Thanks for being so helpful.

----------

## tecknojunky

 *darkphader wrote:*   

> Drop the reference to ns1.

 

Ok, ok.  Not so loud.  I heard you the first time.  I'm just being stuburn.  :Razz: 

Well, it's fast now.   :Sad: 

I shoud listen to people and stop reading praised howtos.

Now, I have to understand this, or else I'll have problems sleeping.  What happened?

----------

## darkphader

 *tecknojunky wrote:*   

> Now, I have to understand this, or else I'll have problems sleeping.  What happened?

 

Simplification<g>.

Looked over your reference, which although a bit convoluted, seems OK; however, it appears your implementation is possibly somewhat suspect.

In reading the reference it becomes clear that the "1.2.3.5" in "+ns1.example.com:1.2.3.5" refers to address that tinydns is listening on.

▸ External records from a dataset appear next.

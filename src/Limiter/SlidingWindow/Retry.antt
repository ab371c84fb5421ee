-- ===== src/Limiter/SlidingWindow/Retry.antt =====
-- What internal/limiter/scripts/sliding_window.lua tells a refused caller about the time to wait.
use ratelimit_gateway.Base.{
  ℕ, ◌+◌, ◌-◌, ◌≤◌, ◌<◌, ◌≡◌, refl, ap, sym, ◌∙◌, String, Bool, false, Option, none, some, List, [],
  ◌∷◌, map, filter, leb, ◌==◌, length, length-filter, count, Bool-cases, inl, inr, arith,
}
use ratelimit_gateway.Limiter.Store.{SortedSets, IsSortedSets, scores, first_score}
use ratelimit_gateway.Limiter.SlidingWindow.{reset_of, sliding_window, store_after}
use ratelimit_gateway.Limiter.SlidingWindow.Log.{
  is_live, has_room, extend, log_after, IsAscending, log_after-IsBounded,
}
use ratelimit_gateway.Limiter.SlidingWindow.Room.{
  last_of, count_live-le, has_room_again, has_room_not_yet, log_after-IsAscending,
}
use ratelimit_gateway.Limiter.SlidingWindow.Invariant.{IsLogged, trimmed, trimmed-scores}
use ratelimit_gateway.Limiter.SlidingWindow.Refinement.{
  use_member, IsFresh, sliding_window-Step, absent-IsLogged, counted-room, log_past,
}

abbrev pub used_after : (String → Bool) → List (ℕ × String) → String → Bool
used_after used [] = used
used_after used (c ∷ cs) = used_after (use_member used c.1) cs

abbrev first_of : List ℕ → Option ℕ
first_of [] = none
first_of (a ∷ rest) = some a

first_score-scores : (es : List (ℕ × String)) → first_score es ≡ first_of (scores es)
first_score-scores [] = refl
first_score-scores (e ∷ es) = refl

module _ {ℓ} {S : Type ℓ} ⦃sets : SortedSets S⦄ (laws : IsSortedSets S) (key : String)
    (window limit : ℕ) (positive : 0 < limit) where
  store_after-IsLogged :
      (cs : List (ℕ × String)) (s : S) (log : List ℕ) (used : String → Bool) (last : ℕ)
      → IsLogged laws key window s log used last
      → IsAscending last (map (λ c. c.0) cs)
      → IsFresh used cs
      → IsLogged laws key window
          (store_after key window limit cs s)
          (log_after window limit log (map (λ c. c.0) cs))
          (used_after used cs)
          (last_of last (map (λ c. c.0) cs))
  unfolding store_after
  store_after-IsLogged [] s log used last logged ascending fresh = logged
  store_after-IsLogged (c ∷ cs) s log used last logged (later, ascending) (new, fresh) =
      store_after-IsLogged cs (sliding_window key c.0 window limit c.1 s).1
        (extend window limit log c.0) (use_member used c.1) c.0
        (sliding_window-Step laws key window s log used last c.0 c.1 logged later new limit
          positive).1
        ascending fresh

  -- A refusal tells the time until the oldest live request leaves the window.
  refused_reset :
      (s : S) (log : List ℕ) (used : String → Bool) (last now : ℕ) (member : String)
      → IsLogged laws key window s log used last
      → last ≤ now
      → used member ≡ false
      → has_room window limit log now ≡ false
      → (sliding_window key now window limit member s).0.retry_after_ms
        ≡ reset_of now window (first_of (filter (is_live window now) log))
  unfolding sliding_window
  refused_reset s log used last now member logged later fresh full =
      let e =
        counted-room laws key window s log used last now member logged later fresh limit positive
        ∙ full in
      rw (e, sliding_window)
        (ap (reset_of now window) (
          laws.first key now (trimmed laws key window now s)
          ∙ first_score-scores (laws.entries key now (trimmed laws key window now s))
          ∙ ap first_of (trimmed-scores laws key window s log used last now logged later)))

  has_room_after :
      (log : List ℕ) (now delay : ℕ) (live : List ℕ)
      → IsAscending 0 log
      → filter (is_live window now) log ≡ live
      → count (is_live window now) log ≤ limit
      → has_room window limit log now ≡ false
      → has_room window limit log (now + delay) ≡ leb (reset_of now window (first_of live)) delay
  has_room_after log now delay [] ascending none_live bound full =
      let nothing = ap length none_live in
      let counted = length-filter (is_live window now) log in absurd (ground arith)
  has_room_after log now delay (oldest ∷ rest) ascending live bound full =
      elim (Bool-cases (leb (oldest + window - now) delay)) [
        | inl enough ↦ rw enough (
            has_room_again window limit now (now + delay) oldest log rest (omega arith)
              (ground arith) live bound)
        | inr early ↦ rw early (
            has_room_not_yet window limit now (now + delay) oldest log rest (omega arith)
              (ground arith) ascending live full)
      ]

  -- From a store that does not have the key, after any requests at times that do not fall and with
  -- new members, for a limit and a window above zero: a refused caller whose next request comes after some delay, with no request in
  -- between, is admitted if and only if the delay is at least the one that the refusal told.
  pub retry_exact :
      (cs : List (ℕ × String)) (s : S) (now delay : ℕ) (member next_member : String)
      → ((t : ℕ) → laws.entries key t s ≡ [])
      → IsAscending 0 (map (λ c. c.0) cs)
      → last_of 0 (map (λ c. c.0) cs) ≤ now
      → IsFresh (λ member. false) cs
      → used_after (λ member. false) cs member ≡ false
      → use_member (used_after (λ member. false) cs) member next_member ≡ false
      → 0 < window
      → ((sliding_window key now window limit member (store_after key window limit cs s)).0.allowed
          == 1)
        ≡ false
      → let (reply, after) =
          sliding_window key now window limit member (store_after key window limit cs s) in
        ((sliding_window key (now + delay) window limit next_member after).0.allowed == 1)
        ≡ leb reply.retry_after_ms delay
  retry_exact cs s now delay member next_member absent ascending later fresh new next_new wide
        refused =
      let ts = map (λ c. c.0) cs in
      let log = log_after window limit [] ts in
      let used = used_after (λ member. false) cs in
      let last = last_of 0 ts in
      let start = store_after key window limit cs s in
      let logged =
        store_after-IsLogged cs s [] (λ member. false) 0
          (absent-IsLogged laws key window limit positive s absent) ascending fresh in
      let step =
        sliding_window-Step laws key window start log used last now member logged later new limit
          positive in
      let full : has_room window limit log now ≡ false = sym step.0 ∙ refused in
      let told = refused_reset start log used last now member logged later new full in
      let bound =
        count_live-le window limit now log wide
          (log_past laws key window start log used last now member logged later new)
          (log_after-IsBounded window limit ts [] (λ begin. omega arith)) in
      let (reply, after) = sliding_window key now window limit member start in
      let same_log : extend window limit log now ≡ log = rw full refl in
      (sliding_window-Step laws key window after (extend window limit log now)
        (use_member used member) now (now + delay) next_member step.1 (omega arith) next_new limit
        positive).0
      ∙ ap (λ l. has_room window limit l (now + delay)) same_log
      ∙ has_room_after log now delay (filter (is_live window now) log)
          (log_after-IsAscending window limit 0 ts [] tt ascending tt) refl bound full
      ∙ ap (λ r. leb r delay) (sym told)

Since, in your case, tinydns is bound to 127.0.0.1, that's the address you need to use (it is the address it listens on), and not 192.168.1.11 (the address that the DNS proxy, dnscache, is bound to). That's why when we simplified to ".inet:127.0.0.1:a:259200" it worked. Not because we dropped the "ns1" reference but because we became authoritative on the address we were actually listening on. IOW, if ".inet:127.0.0.1:a:259200" was replaced with ".inet:195.168.1.11:a:259200" there would still be problems, despite the simplification.

Chris

----------

## tecknojunky

Yes, yes.  I kinda get it now.  I have configure ns1.inet to be at 192.168.1.11 and then use that to specify the nameserver's location (with : :Smile:  but it's dnscache that's bind there, not tinydns that is on 127.0.0.1.  Right?

So, if I understand correctly, if I want to specify my nameserver by name from the intranet, I think I'm screwed with this setup.  I'm immediatly thinking about an alias interface on eth to do wnat I want to do.  You think it might work?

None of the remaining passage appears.